Directions for this task:
Take the data below and copy exactly the lines starting at the one with "-- The queue's" and finishing at the one with "admitted_result scope raises = []", both included.
::::::::::
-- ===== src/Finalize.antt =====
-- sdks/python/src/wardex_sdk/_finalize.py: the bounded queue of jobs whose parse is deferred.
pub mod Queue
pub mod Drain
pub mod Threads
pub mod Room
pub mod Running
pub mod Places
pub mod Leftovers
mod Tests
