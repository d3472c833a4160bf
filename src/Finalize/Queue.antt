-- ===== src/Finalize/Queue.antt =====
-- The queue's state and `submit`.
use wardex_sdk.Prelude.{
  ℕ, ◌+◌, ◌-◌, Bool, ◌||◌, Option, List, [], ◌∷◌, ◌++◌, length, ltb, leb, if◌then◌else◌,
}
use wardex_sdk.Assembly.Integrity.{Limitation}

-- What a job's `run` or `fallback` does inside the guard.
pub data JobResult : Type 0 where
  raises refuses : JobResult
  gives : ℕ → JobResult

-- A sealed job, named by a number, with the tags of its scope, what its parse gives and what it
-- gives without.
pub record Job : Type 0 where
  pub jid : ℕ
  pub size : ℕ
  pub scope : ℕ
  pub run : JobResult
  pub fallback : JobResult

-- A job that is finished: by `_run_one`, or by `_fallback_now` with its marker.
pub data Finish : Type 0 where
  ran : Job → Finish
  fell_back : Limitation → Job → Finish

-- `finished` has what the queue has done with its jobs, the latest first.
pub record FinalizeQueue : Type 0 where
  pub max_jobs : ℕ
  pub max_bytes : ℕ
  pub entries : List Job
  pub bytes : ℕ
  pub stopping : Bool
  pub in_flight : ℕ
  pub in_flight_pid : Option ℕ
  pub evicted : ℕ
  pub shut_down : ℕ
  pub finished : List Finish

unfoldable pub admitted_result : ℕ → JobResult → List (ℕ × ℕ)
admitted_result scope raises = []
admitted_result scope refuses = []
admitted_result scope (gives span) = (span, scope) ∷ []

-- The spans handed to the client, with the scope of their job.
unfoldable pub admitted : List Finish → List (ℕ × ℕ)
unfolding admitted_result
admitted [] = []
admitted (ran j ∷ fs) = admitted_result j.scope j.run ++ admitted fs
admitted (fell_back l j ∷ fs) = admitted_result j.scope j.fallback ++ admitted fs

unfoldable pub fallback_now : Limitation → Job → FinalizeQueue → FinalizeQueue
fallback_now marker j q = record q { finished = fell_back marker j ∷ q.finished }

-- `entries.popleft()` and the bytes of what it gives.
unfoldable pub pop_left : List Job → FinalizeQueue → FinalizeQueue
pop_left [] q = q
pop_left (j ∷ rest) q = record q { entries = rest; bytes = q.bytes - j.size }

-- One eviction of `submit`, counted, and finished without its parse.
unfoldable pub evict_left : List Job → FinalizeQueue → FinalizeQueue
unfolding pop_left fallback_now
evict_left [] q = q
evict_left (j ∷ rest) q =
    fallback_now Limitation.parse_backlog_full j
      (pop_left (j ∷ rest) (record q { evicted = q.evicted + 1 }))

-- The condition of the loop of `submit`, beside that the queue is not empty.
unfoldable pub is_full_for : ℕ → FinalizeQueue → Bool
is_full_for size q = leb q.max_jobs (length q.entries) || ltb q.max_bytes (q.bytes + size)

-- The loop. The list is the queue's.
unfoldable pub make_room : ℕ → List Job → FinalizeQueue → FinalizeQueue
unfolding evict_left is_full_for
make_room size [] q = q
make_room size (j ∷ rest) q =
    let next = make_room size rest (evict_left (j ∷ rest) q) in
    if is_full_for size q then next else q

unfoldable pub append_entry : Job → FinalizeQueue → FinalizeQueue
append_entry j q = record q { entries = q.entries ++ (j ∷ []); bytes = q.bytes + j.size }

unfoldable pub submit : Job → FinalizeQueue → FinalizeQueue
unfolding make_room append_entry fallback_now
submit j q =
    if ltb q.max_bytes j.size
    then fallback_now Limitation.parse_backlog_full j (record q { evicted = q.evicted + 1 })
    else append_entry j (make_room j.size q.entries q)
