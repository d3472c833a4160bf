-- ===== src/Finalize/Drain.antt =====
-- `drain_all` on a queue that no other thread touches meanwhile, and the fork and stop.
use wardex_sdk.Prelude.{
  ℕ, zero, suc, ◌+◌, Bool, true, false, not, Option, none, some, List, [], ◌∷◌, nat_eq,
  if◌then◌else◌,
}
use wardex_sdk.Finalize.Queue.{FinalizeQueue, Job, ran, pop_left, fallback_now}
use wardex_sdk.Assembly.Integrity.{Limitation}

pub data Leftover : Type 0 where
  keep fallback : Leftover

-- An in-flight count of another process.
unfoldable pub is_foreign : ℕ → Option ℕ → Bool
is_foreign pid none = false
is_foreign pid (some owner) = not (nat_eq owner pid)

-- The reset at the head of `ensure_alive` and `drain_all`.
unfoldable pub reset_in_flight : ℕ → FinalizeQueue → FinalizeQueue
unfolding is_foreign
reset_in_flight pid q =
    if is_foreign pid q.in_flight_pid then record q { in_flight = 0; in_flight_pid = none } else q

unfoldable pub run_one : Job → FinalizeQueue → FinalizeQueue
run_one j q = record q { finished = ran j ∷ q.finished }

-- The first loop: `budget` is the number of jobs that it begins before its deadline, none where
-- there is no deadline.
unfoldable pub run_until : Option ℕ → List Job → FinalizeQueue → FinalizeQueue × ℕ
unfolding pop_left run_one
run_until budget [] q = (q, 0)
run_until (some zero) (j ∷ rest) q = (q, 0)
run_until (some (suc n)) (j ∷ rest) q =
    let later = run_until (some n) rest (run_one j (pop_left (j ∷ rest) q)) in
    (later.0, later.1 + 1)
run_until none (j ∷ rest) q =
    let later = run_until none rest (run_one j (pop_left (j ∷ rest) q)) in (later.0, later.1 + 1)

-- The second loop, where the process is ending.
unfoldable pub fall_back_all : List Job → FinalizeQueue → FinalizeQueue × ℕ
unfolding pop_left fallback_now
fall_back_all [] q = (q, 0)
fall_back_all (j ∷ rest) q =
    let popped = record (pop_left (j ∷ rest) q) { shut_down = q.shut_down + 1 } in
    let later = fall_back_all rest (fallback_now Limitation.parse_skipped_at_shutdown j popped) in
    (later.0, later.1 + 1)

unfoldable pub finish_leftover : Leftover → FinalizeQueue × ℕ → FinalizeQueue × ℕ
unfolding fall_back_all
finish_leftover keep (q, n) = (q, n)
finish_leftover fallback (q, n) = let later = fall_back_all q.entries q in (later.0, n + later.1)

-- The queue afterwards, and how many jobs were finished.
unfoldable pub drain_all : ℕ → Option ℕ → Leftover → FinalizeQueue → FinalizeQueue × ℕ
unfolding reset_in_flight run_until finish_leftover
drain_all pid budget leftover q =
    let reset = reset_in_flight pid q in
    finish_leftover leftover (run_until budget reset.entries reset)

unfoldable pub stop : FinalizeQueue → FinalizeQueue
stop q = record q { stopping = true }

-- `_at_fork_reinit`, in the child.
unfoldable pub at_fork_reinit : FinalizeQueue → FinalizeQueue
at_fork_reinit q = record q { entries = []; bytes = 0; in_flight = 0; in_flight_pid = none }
::::::::::
Finished exercise:
-- The queue's state and `submit`.
use wardex_sdk.Prelude.{
  ℕ, ◌+◌, ◌-◌, Bool, ◌||◌, Option, List, [], ◌∷◌, ◌++◌, length, ltb, leb, if◌then◌else◌,
}
use wardex_sdk.Assembly.Integrity.{Limitation}

-- What a job's `run` or `fallback` does inside the guard.
pub data JobResult : Type 0 where
  raises refuses : JobResult
  gives : ℕ → JobResult

-- A sealed job, named by a number, with the tags of its scope, what its parse gives and what it
-- gives without.
pub record Job : Type 0 where
  pub jid : ℕ
  pub size : ℕ
  pub scope : ℕ
  pub run : JobResult
  pub fallback : JobResult

-- A job that is finished: by `_run_one`, or by `_fallback_now` with its marker.
pub data Finish : Type 0 where
  ran : Job → Finish
  fell_back : Limitation → Job → Finish

-- `finished` has what the queue has done with its jobs, the latest first.
pub record FinalizeQueue : Type 0 where
  pub max_jobs : ℕ
  pub max_bytes : ℕ
  pub entries : List Job
  pub bytes : ℕ
  pub stopping : Bool
  pub in_flight : ℕ
  pub in_flight_pid : Option ℕ
  pub evicted : ℕ
  pub shut_down : ℕ
  pub finished : List Finish

unfoldable pub admitted_result : ℕ → JobResult → List (ℕ × ℕ)
admitted_result scope raises = []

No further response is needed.